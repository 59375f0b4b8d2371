-- ===== src/Ingestion/Events.antt =====
-- tracker.go: every row of the calls and ticks that a tracker sees, and what is to hold after it.
use prom_sketch_distributed.Common.{
  ℕ, ◌+◌, ◌%◌, ◌^◌, ◌≤◌, ◌≡◌, ◌≢◌, Bool, true, ◌&&◌, not, none, some, List, [], ◌∷◌, ltb,
  if◌then◌else◌, length, pos_part,
}
use prom_sketch_distributed.Ingestion.Stats.{Floats, Tracker, start, stop, add_samples, tick}

pub data Event : Type 0 where
  started_at : ℕ → Event
  added : ℕ → Event
  ticked : ℕ → Event
  stopped_now : Event

module _ {F : Type 0} (fl : Floats F) where
  abbrev pub running : Tracker F → Bool
  running t = t.started && not t.stopped

  -- The goroutine ticks from Start to Stop.
  unfoldable pub step : Event → Tracker F → Tracker F
  step (started_at now) t = start now t
  step (added n) t = add_samples n t
  step (ticked now) t = if running t then tick fl now t else t
  step stopped_now t = stop t

  -- The number of samples that a tick reports for the interval that ends with it.
  unfoldable pub reported : Event → Tracker F → ℕ
  reported (ticked now) t = elim t.last_time [
    | none ↦ 0
    | some last ↦
        if running t && ltb last now then (tick fl now t).snapshot.samples_in_interval else 0
  ]
  reported _ t = 0

  -- The number of samples that wait for a tick, of `p` that waited before: a tick that ends an interval
  -- leaves none.
  unfoldable pub waiting : Event → Tracker F → ℕ → ℕ
  waiting (added n) t p = p + n
  waiting (ticked now) t p = elim t.last_time [
    | none ↦ p
    | some last ↦ if running t && ltb last now then 0 else p
  ]
  waiting _ t p = p

  abbrev pub waiting_all : List Event → Tracker F → ℕ → ℕ
  waiting_all [] t p = p
  waiting_all (e ∷ es) t p = waiting_all es (step e t) (waiting e t p)

  abbrev pub run : List Event → Tracker F → Tracker F
  run [] t = t
  run (e ∷ es) t = run es (step e t)

  abbrev pub reported_all : List Event → Tracker F → ℕ
  reported_all [] t = 0
  reported_all (e ∷ es) t = reported e t + reported_all es (step e t)

  -- What holds of a tracker whose ticks have reported `n` samples so far, while `p` samples wait.
  pub record IsSound (t : Tracker F) (n p : ℕ) : Type 0 where
    pub positive : 1 ≤ pos_part t.window
    pub windowed : length t.rates ≤ pos_part t.window
    pub summed : n % 2 ^ 64 ≡ t.last_total
    pub totalled : (n + p) % 2 ^ 64 ≡ t.total_samples
    pub clocked : t.started ≡ true → t.last_time ≢ none
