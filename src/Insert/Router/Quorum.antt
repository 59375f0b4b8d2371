-- ===== src/Insert/Router/Quorum.antt =====
-- router.go, Insert: when a sample counts as stored, and what is counted on each branch.
use prom_sketch_distributed.Cluster.Partition.{Node, get_partition_id}
use prom_sketch_distributed.Common.{
  count, ℕ, ◌+◌, ◌%◌, ◌^◌, ◌<◌, String, ◌≡◌, refl, sym, ap, ◌∙◌, ◌↔◌, Bool, true, false, List, [],
  ◌∷◌, ◌++◌, arith, ltb, if◌then◌else◌, ltb→lt, lt→ltb, length, length-append, Elem, ℤ, is_ok,
  add_uint64, perm-count, count_pos, Elem-count, perm-length,
}
use prom_sketch_distributed.Insert.Router.{
  Label, RouterMetrics, Router, Reply, rpc_error, not_stored, stored, to_pb_labels, Progress,
  finish_insert, finish_inserts, conclude, insert_nodes, start_insert, insert_at, insert,
}
use mathlib.Core.List.{Perm}

abbrev pub is_stored : Reply → Bool
is_stored stored = true
is_stored _ = false

abbrev pub is_rpc_error : Reply → Bool
is_rpc_error (rpc_error e) = true
is_rpc_error _ = false

-- What a row of finished calls has added to the shared state.
record Tally (reply : String → Reply) (ids : List String) (s s' : Progress) : Type 0 where
  successes : s'.success_count ≡ s.success_count + count (λ id. is_stored (reply id)) ids
  outcomes : length s'.errs + s'.success_count ≡ length s.errs + s.success_count + length ids
  sent : s'.counters.rpcs_sent ≡ (s.counters.rpcs_sent + length ids) % 2 ^ 64
  failed :
      s'.counters.rpcs_failed
      ≡ (s.counters.rpcs_failed + count (λ id. is_rpc_error (reply id)) ids) % 2 ^ 64
  routed : s'.counters.samples_routed ≡ s.counters.samples_routed
  unstored : s'.counters.samples_failed ≡ s.counters.samples_failed

-- The counters are 64-bit words.
pub record IsWord (m : RouterMetrics) : Type 0 where
  pub routed : m.samples_routed < 2 ^ 64
  pub failed : m.samples_failed < 2 ^ 64
  pub sent : m.rpcs_sent < 2 ^ 64
  pub rpc_failed : m.rpcs_failed < 2 ^ 64

length-snoc :
    (es : List (String × String)) (e : String × String) → length (es ++ e ∷ []) ≡ length es + 1
length-snoc es e = omega (arith, length-append es (e ∷ []))

finish_insert-Tally :
    (finished : String → ℕ) (reply : String → Reply) (s : Progress) (id : String) (r : Reply)
    → reply id ≡ r
    → IsWord s.counters
    → Tally reply (id ∷ []) s (finish_insert finished reply s id)
unfolding finish_insert count
finish_insert-Tally finished reply s id stored e w = ground arith
finish_insert-Tally finished reply s id (rpc_error x) e w =
    ground (arith, length-snoc s.errs (id, x))
finish_insert-Tally finished reply s id (not_stored x) e w =
    ground (arith, length-snoc s.errs (id, x))

finish_insert-IsWord :
    (finished : String → ℕ) (reply : String → Reply) (s : Progress) (id : String) (r : Reply)
    → reply id ≡ r
    → IsWord s.counters
    → IsWord (finish_insert finished reply s id).counters
unfolding finish_insert
finish_insert-IsWord finished reply s id stored e w = ground arith
finish_insert-IsWord finished reply s id (rpc_error x) e w = ground arith
finish_insert-IsWord finished reply s id (not_stored x) e w = ground arith

count-cons :
    (p : String → Bool) (x : String) (xs : List String)
    → count p (x ∷ xs) ≡ count p (x ∷ []) + count p xs
unfolding count
count-cons p x xs = ground arith

Tally-cons :
    (reply : String → Reply) (id : String) (ids : List String) (s t u : Progress)
    → Tally reply (id ∷ []) s t
    → Tally reply ids t u
    → Tally reply (id ∷ ids) s u
Tally-cons reply id ids s t u a b = record {
  successes = omega (arith, a.successes, b.successes, count-cons (λ i. is_stored (reply i)) id ids);
  outcomes = omega (arith, a.outcomes, b.outcomes);
  sent = omega (arith, a.sent, b.sent);
  failed = omega (arith, a.failed, b.failed, count-cons (λ i. is_rpc_error (reply i)) id ids);
  routed = b.routed ∙ a.routed;
  unstored = b.unstored ∙ a.unstored;
}

finish_inserts-Tally :
    (finished : String → ℕ) (reply : String → Reply) (s : Progress) (ids : List String)
    → IsWord s.counters
    → Tally reply ids s (finish_inserts finished reply s ids)
unfolding finish_inserts count
finish_inserts-Tally finished reply s [] w = ground (arith, w.sent, w.rpc_failed)
finish_inserts-Tally finished reply s (id ∷ ids) w =
    let t = finish_insert finished reply s id in
    Tally-cons reply id ids s t (finish_inserts finished reply t ids)
      (finish_insert-Tally finished reply s id (reply id) refl w)
      (finish_inserts-Tally finished reply t ids
        (finish_insert-IsWord finished reply s id (reply id) refl w))

-- The counters after an insert that sent `ids` their requests.
pub record Counted (reply : String → Reply) (ids : List String) (stored_one : Bool)
    (m m' : RouterMetrics) : Type 0 where
  pub sent : m'.rpcs_sent ≡ add_uint64 m.rpcs_sent (length ids)
  pub rpc_failed :
      m'.rpcs_failed ≡ add_uint64 m.rpcs_failed (count (λ id. is_rpc_error (reply id)) ids)
  pub routed :
      m'.samples_routed ≡ (if stored_one then add_uint64 m.samples_routed 1 else m.samples_routed)
  pub failed :
      m'.samples_failed ≡ (if stored_one then m.samples_failed else add_uint64 m.samples_failed 1)

conclude-Counted :
    (reply : String → Reply) (ids : List String) (r : Router) (p : ℤ) (s s' : Progress)
    → Tally reply ids s s'
    → s.success_count ≡ 0
    → s.counters ≡ r.metrics
    → Counted reply ids
        (ltb 0 (count (λ id. is_stored (reply id)) ids))
        r.metrics
        (conclude r p s').0.metrics
      × (is_ok (conclude r p s').1 ≡ ltb 0 (count (λ id. is_stored (reply id)) ids))
unfolding conclude
conclude-Counted reply ids r p s s' t e f = ground arith

is_stored-eq : (r : Reply) → is_stored r ≡ true → r ≡ stored
is_stored-eq stored e = refl
is_stored-eq (rpc_error x) e = cc
is_stored-eq (not_stored x) e = cc

module _ (schedule : List String → List String)
    (is_schedule : (ids : List String) → Perm (schedule ids) ids) where
  schedule-count : (q : String → Bool) (ids : List String) → count q (schedule ids) ≡ count q ids
  schedule-count q ids = perm-count q (is_schedule ids)

  Tally-schedule :
      (reply : String → Reply) (ids : List String) (s s' : Progress)
      → Tally reply (schedule ids) s s'
      → Tally reply ids s s'
  Tally-schedule reply ids s s' t = record {
    successes = omega (arith, t.successes, schedule-count (λ id. is_stored (reply id)) ids);
    outcomes = omega (arith, t.outcomes, perm-length (is_schedule ids));
    sent = omega (arith, t.sent, perm-length (is_schedule ids));
    failed = omega (arith, t.failed, schedule-count (λ id. is_rpc_error (reply id)) ids);
    routed = t.routed;
    unstored = t.unstored;
  }

  -- The router after the calls and its verdict, by the replies alone.
  insert_at-Counted :
      (asked finished : String → ℕ) (reply : String → Reply) (r : Router) (p : ℤ)
      (nodes : List Node)
      → IsWord r.metrics
      → let targets = (start_insert asked r nodes).1 in
        let answer = insert_at asked finished schedule reply r p nodes in
        let success = ltb 0 (count (λ id. is_stored (reply id)) targets) in
        Counted reply targets success r.metrics answer.0.metrics × (is_ok answer.1 ≡ success)
  unfolding insert_at count
  insert_at-Counted asked finished reply r p [] w = ground (arith, w.sent, w.rpc_failed)
  insert_at-Counted asked finished reply r p (n ∷ ns) w =
      let (hc, targets) = start_insert asked r (n ∷ ns) in
      let s : Progress = record {
        checker = hc;
        counters = r.metrics;
        errs = [];
        success_count = 0;
      } in
      let s' = finish_inserts finished reply s (schedule targets) in
      conclude-Counted reply targets r p s s'
        (Tally-schedule reply targets s s'
          (finish_inserts-Tally finished reply s (schedule targets) w))
        refl refl

  insert_at_quorum :
      (asked finished : String → ℕ) (reply : String → Reply) (r : Router) (p : ℤ)
      (nodes : List Node)
      → IsWord r.metrics
      → (is_ok (insert_at asked finished schedule reply r p nodes).1 ≡ true)
        ↔ ((id : String) × Elem id (start_insert asked r nodes).1 × (reply id ≡ stored))
  insert_at_quorum asked finished reply r p nodes w =
      let targets = (start_insert asked r nodes).1 in
      let stores : String → Bool = λ id. is_stored (reply id) in
      let (_, verdict) = insert_at-Counted asked finished reply r p nodes w in
      (
        λ good.
            let (id, m, e) = count_pos stores targets (ltb→lt _ _ (sym verdict ∙ good)) in
            (id, m, is_stored-eq (reply id) e),
        λ (id, m, e). verdict ∙ lt→ltb _ _ (Elem-count stores targets id m (ap is_stored e)),
      )

  insert_at_counters :
      (asked finished : String → ℕ) (reply : String → Reply) (r : Router) (p : ℤ)
      (nodes : List Node)
      → IsWord r.metrics
      → Counted reply
          (start_insert asked r nodes).1
          (is_ok (insert_at asked finished schedule reply r p nodes).1)
          r.metrics
          (insert_at asked finished schedule reply r p nodes).0.metrics
  insert_at_counters asked finished reply r p nodes w =
      let (counted, verdict) = insert_at-Counted asked finished reply r p nodes w in
      rw verdict counted

unfoldable pub targets_of :
    (String → ℕ) → (List Label → String → String) → (String → ℕ) → Router → List Label → List String
targets_of xxhash get_label asked r lbls =
    (start_insert asked r (insert_nodes xxhash get_label r lbls)).1

module _ {F : Type 0} (xxhash : String → ℕ) (get_label : List Label → String → String)
    (asked finished : String → ℕ) (schedule : List String → List String)
    (is_schedule : (ids : List String) → Perm (schedule ids) ids)
    (rpc : String → List Label → ℤ → F → Reply) (r : Router) (lbls : List Label) (timestamp : ℤ)
    (value : F) (words : IsWord r.metrics) where
  -- Whatever the order in which the replies come in, an insert succeeds exactly when one of the
  -- nodes that it was sent to has stored the sample (a write quorum of one).
  pub insert_quorum :
      (is_ok (insert xxhash get_label asked finished schedule rpc r lbls timestamp value).1 ≡ true)
      ↔ ((id : String) × Elem id (targets_of xxhash get_label asked r lbls)
          × (rpc id (to_pb_labels lbls) timestamp value ≡ stored))
  unfolding insert targets_of
  insert_quorum =
      insert_at_quorum schedule is_schedule asked finished
        (λ id. rpc id (to_pb_labels lbls) timestamp value) r
        (get_partition_id xxhash r.partitioner (get_label lbls "__name__"))
        (insert_nodes xxhash get_label r lbls) words

  -- Every insert counts one sample as routed or as failed, by its verdict, one call for each node
  -- that it was sent to, and one failed call for each of them that came back with an error; the
  -- counters wrap at 64 bits.
  pub insert-Counted :
      Counted
        (λ id. rpc id (to_pb_labels lbls) timestamp value)
        (targets_of xxhash get_label asked r lbls)
        (is_ok (insert xxhash get_label asked finished schedule rpc r lbls timestamp value).1)
        r.metrics
        (insert xxhash get_label asked finished schedule rpc r lbls timestamp value).0.metrics
  unfolding insert targets_of
  insert-Counted =
      insert_at_counters schedule is_schedule asked finished
        (λ id. rpc id (to_pb_labels lbls) timestamp value) r
        (get_partition_id xxhash r.partitioner (get_label lbls "__name__"))
        (insert_nodes xxhash get_label r lbls) words
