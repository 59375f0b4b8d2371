-- ===== src/Insert/Router/Examples.antt =====
-- Runs of Insert on two nodes that hold two partitions each, with two copies of every partition.
use prom_sketch_distributed.Cluster.Breaker.{allow}
use prom_sketch_distributed.Cluster.Partition.{
  Node, PartitionMapper, put_partition, put_id, replica_key, insert_score, sort_scores, candidates,
  get_partition_id, replica_score, get_nodes_for_partition,
}
use prom_sketch_distributed.Cluster.Health.{fresh_health, is_healthy}
use prom_sketch_distributed.Common.{
  lookup, adjust, ◌-ℤ◌, ℕ, String, ◌≡◌, refl, ◌↔◌, true, none, List, [], ◌∷◌, arith, str_eq,
  if◌then◌else◌, Elem, ℤ, pos, is_ok,
}
use prom_sketch_distributed.Insert.Router.{
  Label, Router, Reply, rpc_error, stored, to_pb_labels, choose_targets, finish_inserts,
  insert_nodes, start_insert, insert,
}
use prom_sketch_distributed.Insert.Router.Quorum.{
  Counted, targets_of, insert_quorum, insert-Counted,
}
use Prim.Native.String.{count as text_count}
use mathlib.Core.List.Perm

abbrev pub node_a : Node
node_a = record { id = "a"; address = "host-a"; partition_start = pos 0; partition_end = pos 2 }

abbrev pub node_b : Node
node_b = record { id = "b"; address = "host-b"; partition_start = pos 2; partition_end = pos 4 }

abbrev pub mapper : PartitionMapper
mapper = record {
  total_partitions = pos 4;
  nodes = node_a ∷ node_b ∷ [];
  nodes_by_id = put_id (put_id (λ _. none) node_a) node_b;
  partition_to_node =
      put_partition
        (put_partition (put_partition (put_partition (λ _. none) (pos 0) node_a) (pos 1) node_a)
          (pos 2) node_b)
        (pos 3) node_b;
}

abbrev pub sample_router : Router
sample_router = record {
  partitioner = mapper;
  clients = "a" ∷ "b" ∷ [];
  health_checker = record {
    nodes = ("a", fresh_health node_a 3 30) ∷ ("b", fresh_health node_b 3 30) ∷ [];
    check_interval = 10;
    check_timeout = 5;
  };
  replica_count = pos 2;
  metrics = record { samples_routed = 0; samples_failed = 0; rpcs_sent = 0; rpcs_failed = 0 };
}

abbrev pub sample_hash : String → ℕ
sample_hash s = text_count s

-- Stands for `Labels.Get`.
abbrev pub first_label : List Label → String → String
first_label [] k = ""
first_label (l ∷ ls) k = if str_eq l.name k then l.value else first_label ls k

abbrev pub up_labels : List Label
up_labels = record { name = "__name__"; value = "up" } ∷ []

-- Only `a` can be reached.
abbrev only_a : String → List Label → ℤ → ℕ → Reply
only_a id lbls t v = if str_eq id "a" then stored else rpc_error "refused"

abbrev in_order : List String → List String
in_order ids = ids

targets_run : targets_of sample_hash first_label (λ _. 7) sample_router up_labels ≡ "b" ∷ "a" ∷ []
unfolding targets_of start_insert insert_nodes get_nodes_for_partition get_partition_id sort_scores
    insert_score candidates replica_score replica_key is_healthy fresh_health allow lookup adjust
    ◌-ℤ◌
targets_run = refl

insert_quorum_example :
    (is_ok
        (insert sample_hash first_label
          (λ _. 7)
          (λ _. 8)
          in_order
          only_a
          sample_router
          up_labels
          (pos 5)
          1).1
      ≡ true)
    ↔ ((id : String) × Elem id (targets_of sample_hash first_label (λ _. 7) sample_router up_labels)
        × (only_a id (to_pb_labels up_labels) (pos 5) 1 ≡ stored))
insert_quorum_example =
    insert_quorum sample_hash first_label (λ _. 7) (λ _. 8) in_order (λ ids. Perm.refl ids) only_a
      sample_router up_labels (pos 5) 1 (omega arith)

insert-Counted_example :
    Counted
      (λ id. only_a id (to_pb_labels up_labels) (pos 5) 1)
      (targets_of sample_hash first_label (λ _. 7) sample_router up_labels)
      (is_ok
        (insert sample_hash first_label
          (λ _. 7)
          (λ _. 8)
          in_order
          only_a
          sample_router
          up_labels
          (pos 5)
          1).1)
      sample_router.metrics
      (insert sample_hash first_label
        (λ _. 7)
        (λ _. 8)
        in_order
        only_a
        sample_router
        up_labels
        (pos 5)
        1).0.metrics
insert-Counted_example =
    insert-Counted sample_hash first_label (λ _. 7) (λ _. 8) in_order (λ ids. Perm.refl ids) only_a
      sample_router up_labels (pos 5) 1 (omega arith)

insert_run :
    (insert sample_hash first_label
      (λ _. 7)
      (λ _. 8)
      in_order
      only_a
      sample_router
      up_labels
      (pos 5)
      1).0.metrics
    ≡ record { samples_routed = 1; samples_failed = 0; rpcs_sent = 2; rpcs_failed = 1 }
unfolding insert insert_nodes finish_inserts choose_targets get_nodes_for_partition get_partition_id
    sort_scores insert_score candidates replica_score replica_key is_healthy fresh_health allow
    lookup adjust ◌-ℤ◌
insert_run = refl
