-- ===== src/Storage/Accounting.antt =====
-- storage.go: what every row of inserts keeps.
use prom_sketch_distributed.Common.{
  ◌-ℤ◌, ℕ, zero, suc, ◌*◌, ◌%◌, ◌^◌, ◌≤◌, String, ◌≡◌, refl, ap, ◌∙◌, ◌⊎◌, inl, inr, Bool, ◌&&◌,
  ◌||◌, List, [], ◌∷◌, arith, ltb, Bool-cases, Option-cases, length, get_elem?, ℤ, pos_part, ltb_ℤ,
  leb_ℤ, add_uint64,
}
use prom_sketch_distributed.Insert.Router.{Label}
use prom_sketch_distributed.Storage.{
  Sketches, SketchConfig, Storage, replicate, set_at, estimated_bytes_per_series, new_storage,
  has_sketch_instance, insert_sample, insert_owned, get_partition, insert,
}
use prom_sketch_distributed.Targets.{SketchTarget, matches}

module _ {S : Type 0} where
  -- Each new series is counted with its estimate, in 64 bits; the memory counted stays within a
  -- limit that is set; and there is one partition for each number of the node's range.
  pub record IsSound (s : Storage S) : Type 0 where
    pub accounted : s.memory_used ≡ s.metrics.sketched_series * 65536 % 2 ^ 64
    pub within : (s.memory_limit ≡ 0) ⊎ (s.memory_used ≤ s.memory_limit)
    pub sized : length s.partitions ≡ pos_part (s.partition_end -ℤ s.partition_start)

length-set_at : {S : Type 0} (i : ℕ) (x : S) (xs : List S) → length (set_at i x xs) ≡ length xs
length-set_at i x [] = refl
length-set_at zero x (y ∷ ys) = refl
length-set_at (suc i) x (y ∷ ys) = ap (λ (n : ℕ). suc n) (length-set_at i x ys)

pub length-replicate : {S : Type 0} (n : ℕ) (x : S) → length (replicate n x) ≡ n
length-replicate zero x = refl
length-replicate (suc n) x = ap (λ (n : ℕ). suc n) (length-replicate n x)

module _ {S V : Type 0} (lib : Sketches S V) where
  insert_sample-IsSound :
      (s : Storage S) (i : ℕ) (ps : S) (lbls : List Label) (timestamp : ℤ) (value : V)
      → IsSound s
      → IsSound (insert_sample lib s i ps lbls timestamp value).0
  unfolding insert_sample
  insert_sample-IsSound s i ps lbls timestamp value w =
      elim (Option-cases ((lib.sketch_insert) ps lbls timestamp value).1) [
        | inl e ↦
            rw (e, insert_sample)
              (record {
                accounted = w.accounted;
                within = w.within;
                sized = length-set_at i _ _ ∙ w.sized;
              })
        | inr (x, e) ↦
            rw (e, insert_sample)
              (record {
                accounted = w.accounted;
                within = w.within;
                sized = length-set_at i _ _ ∙ w.sized;
              })
      ]

  insert_owned-IsSound :
      (s : Storage S) (i : ℕ) (ps : S) (lbls : List Label) (target : SketchTarget) (timestamp : ℤ)
      (value : V)
      → IsSound s
      → IsSound (insert_owned lib s i ps lbls target timestamp value).0
  unfolding insert_owned
  insert_owned-IsSound s i ps lbls target timestamp value w =
      let used = add_uint64 s.memory_used estimated_bytes_per_series in
      elim (Bool-cases (has_sketch_instance lib ps lbls)) [
        | inl there ↦ rw (there, insert_owned) (insert_sample-IsSound s i ps lbls timestamp value w)
        | inr new ↦ elim (Bool-cases (ltb 0 s.memory_limit && ltb s.memory_limit used)) [
          | inl full ↦
              rw (new, insert_owned)
                (rw full (record { accounted = w.accounted; within = w.within; sized = w.sized }))
          | inr room ↦
              rw (new, insert_owned)
                (rw room (
                  insert_sample-IsSound _ i _ lbls timestamp value (record {
                    accounted = omega (arith, w.accounted);
                    within = ground (arith, room);
                    sized = w.sized;
                  })))
        ]
      ]

module _ {S V : Type 0} (xxhash : String → ℕ) (get : List Label → String → String)
    (lib : Sketches S V) where
  abbrev outside : Storage S → List Label → Bool
  outside s lbls =
      let p = get_partition xxhash get s.num_hashed lbls in
      ltb_ℤ p s.partition_start || leb_ℤ s.partition_end p

  abbrev local_index : Storage S → List Label → ℕ
  local_index s lbls = pos_part (get_partition xxhash get s.num_hashed lbls -ℤ s.partition_start)

  pub insert-IsSound :
      (s : Storage S) (lbls : List Label) (timestamp : ℤ) (value : V)
      → IsSound s
      → IsSound (insert xxhash get lib s lbls timestamp value).0
  unfolding insert
  insert-IsSound s lbls timestamp value w =
      elim (Option-cases (matches get s.config.targets lbls)) [
        | inl e ↦ rw (e, insert) w
        | inr (target, e) ↦ elim (Bool-cases (outside s lbls)) [
          | inl out ↦ rw (e, insert) (rw out w)
          | inr own ↦ elim (Option-cases (get_elem? s.partitions (local_index s lbls))) [
            | inl absent ↦ rw (e, insert) (rw own (rw absent w))
            | inr (ps, at) ↦
                rw (e, insert)
                  (rw own (
                    rw at (
                      insert_owned-IsSound lib s (local_index s lbls) ps lbls target timestamp value
                        w)))
          ]
        ]
      ]

  -- The storage after a row of inserts.
  abbrev pub insert_all : List (List Label × ℤ × V) → Storage S → Storage S
  insert_all [] s = s
  insert_all ((lbls, timestamp, value) ∷ rest) s =
      insert_all rest (insert xxhash get lib s lbls timestamp value).0

  pub insert_all-kept :
      (calls : List (List Label × ℤ × V)) (s : Storage S) → IsSound s → IsSound (insert_all calls s)
  insert_all-kept [] s w = w
  insert_all-kept ((lbls, timestamp, value) ∷ rest) s w =
      insert_all-kept rest (insert xxhash get lib s lbls timestamp value).0
        (insert-IsSound s lbls timestamp value w)

  -- After every row of inserts into a new storage, the memory counted is 65536 bytes for each series
  -- counted, in 64 bits, and within the limit if there is one, and there is one partition for each
  -- number of the node's range.
  pub insert_all-IsSound :
      (cfg : SketchConfig) (calls : List (List Label × ℤ × V))
      → IsSound (insert_all calls (new_storage lib cfg))
  unfolding new_storage
  insert_all-IsSound cfg calls =
      insert_all-kept calls (new_storage lib cfg) (record {
        accounted = omega arith;
        within = inr (omega arith);
        sized = length-replicate _ _;
      })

_Your task_. From the line that has "(calls : List (List Label × ℤ × V)) (s" through the line that has "(insert-IsSound s lbls", copy every line exactly as it appears above, and leave out all others.

_Answer space_.
      (calls : List (List Label × ℤ × V)) (s : Storage S) → IsSound s → IsSound (insert_all calls s)
  insert_all-kept [] s w = w
  insert_all-kept ((lbls, timestamp, value) ∷ rest) s w =
      insert_all-kept rest (insert xxhash get lib s lbls timestamp value).0
        (insert-IsSound s lbls timestamp value w)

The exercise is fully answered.